## How to complete this task
Return the records verbatim.

[Opening Data in this exercise section]

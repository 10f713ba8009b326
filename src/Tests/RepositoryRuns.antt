-- ===== src/Tests/RepositoryRuns.antt =====
-- internal/repository: the statements on concrete tables.
use grabarr.Common.{◌≡◌, refl, none, [], ◌∷◌, pos, codes, ok}
use grabarr.Models.Job.{Job, JobFilter, JobSummary, no_filter}
use grabarr.Models.Job.Status.{JobStatus}
use grabarr.Models.RemoteFile.{FileStatus, RemoteFile}
use grabarr.Repository.Db.{Db, empty_db}
use grabarr.Repository.Jobs.{get_job_summary, get_jobs, count_jobs}
use grabarr.Tests.Data.{quiet_world, waiting_job, failed_job, seen_file, four_jobs}

abbrev summary : JobSummary
summary = record {
  total_jobs = 4;
  queued_jobs = 1;
  pending_jobs = 0;
  running_jobs = 1;
  completed_jobs = 1;
  failed_jobs = 1;
  cancelled_jobs = 0;
}

summarised : (get_job_summary quiet_world four_jobs).0 ≡ ok summary
unfolding get_job_summary
summarised = refl

abbrev one_failed : JobFilter
one_failed = record no_filter { status = JobStatus.failed ∷ []; limit = pos 5 }

found_failed : (get_jobs quiet_world one_failed four_jobs).0 ≡ ok (failed_job ∷ [])
unfolding get_jobs
found_failed = refl

counted_failed : (count_jobs quiet_world one_failed four_jobs).0 ≡ ok 1
unfolding count_jobs
counted_failed = refl

abbrev seen_again_file : RemoteFile
seen_again_file = record seen_file {
  status = FileStatus.on_seedbox;
  job_id = none;
  last_seen_at = 90;
}

abbrev urgent_job : Job
urgent_job = record waiting_job { id = 6; priority = pos 5 }

abbrev by_urgency : JobFilter
by_urgency = record no_filter {
  sort_by = codes "priority";
  sort_order = codes "DESC";
  limit = pos 10;
}

abbrev two_priorities : Db
two_priorities = record empty_db { jobs = waiting_job ∷ urgent_job ∷ []; last_job_id = 6 }

urgent_first :
    (get_jobs quiet_world by_urgency two_priorities).0 ≡ ok (urgent_job ∷ waiting_job ∷ [])
unfolding get_jobs
urgent_first = refl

[Closing Data in this exercise section]

## Answer below
repository 10f713ba8009b326
filename src/Tests/RepositoryRuns.antt
-- ===== src/Tests/RepositoryRuns.antt =====
-- internal/repository: the statements on concrete tables.
use grabarr.Common.{◌≡◌, refl, none, [], ◌∷◌, pos, codes, ok}
use grabarr.Models.Job.{Job, JobFilter, JobSummary, no_filter}
use grabarr.Models.Job.Status.{JobStatus}
use grabarr.Models.RemoteFile.{FileStatus, RemoteFile}
use grabarr.Repository.Db.{Db, empty_db}
use grabarr.Repository.Jobs.{get_job_summary, get_jobs, count_jobs}
use grabarr.Tests.Data.{quiet_world, waiting_job, failed_job, seen_file, four_jobs}

abbrev summary : JobSummary
summary = record {
  total_jobs = 4;
  queued_jobs = 1;
  pending_jobs = 0;
  running_jobs = 1;
  completed_jobs = 1;
  failed_jobs = 1;
  cancelled_jobs = 0;
}

summarised : (get_job_summary quiet_world four_jobs).0 ≡ ok summary
unfolding get_job_summary
summarised = refl

abbrev one_failed : JobFilter
one_failed = record no_filter { status = JobStatus.failed ∷ []; limit = pos 5 }

found_failed : (get_jobs quiet_world one_failed four_jobs).0 ≡ ok (failed_job ∷ [])
unfolding get_jobs
found_failed = refl

counted_failed : (count_jobs quiet_world one_failed four_jobs).0 ≡ ok 1
unfolding count_jobs
counted_failed = refl

abbrev seen_again_file : RemoteFile
seen_again_file = record seen_file {
  status = FileStatus.on_seedbox;
  job_id = none;
  last_seen_at = 90;
}

abbrev urgent_job : Job
urgent_job = record waiting_job { id = 6; priority = pos 5 }

abbrev by_urgency : JobFilter
by_urgency = record no_filter {
  sort_by = codes "priority";
  sort_order = codes "DESC";
  limit = pos 10;
}

abbrev two_priorities : Db
two_priorities = record empty_db { jobs = waiting_job ∷ urgent_job ∷ []; last_job_id = 6 }

urgent_first :
    (get_jobs quiet_world by_urgency two_priorities).0 ≡ ok (urgent_job ∷ waiting_job ∷ [])
unfolding get_jobs
urgent_first = refl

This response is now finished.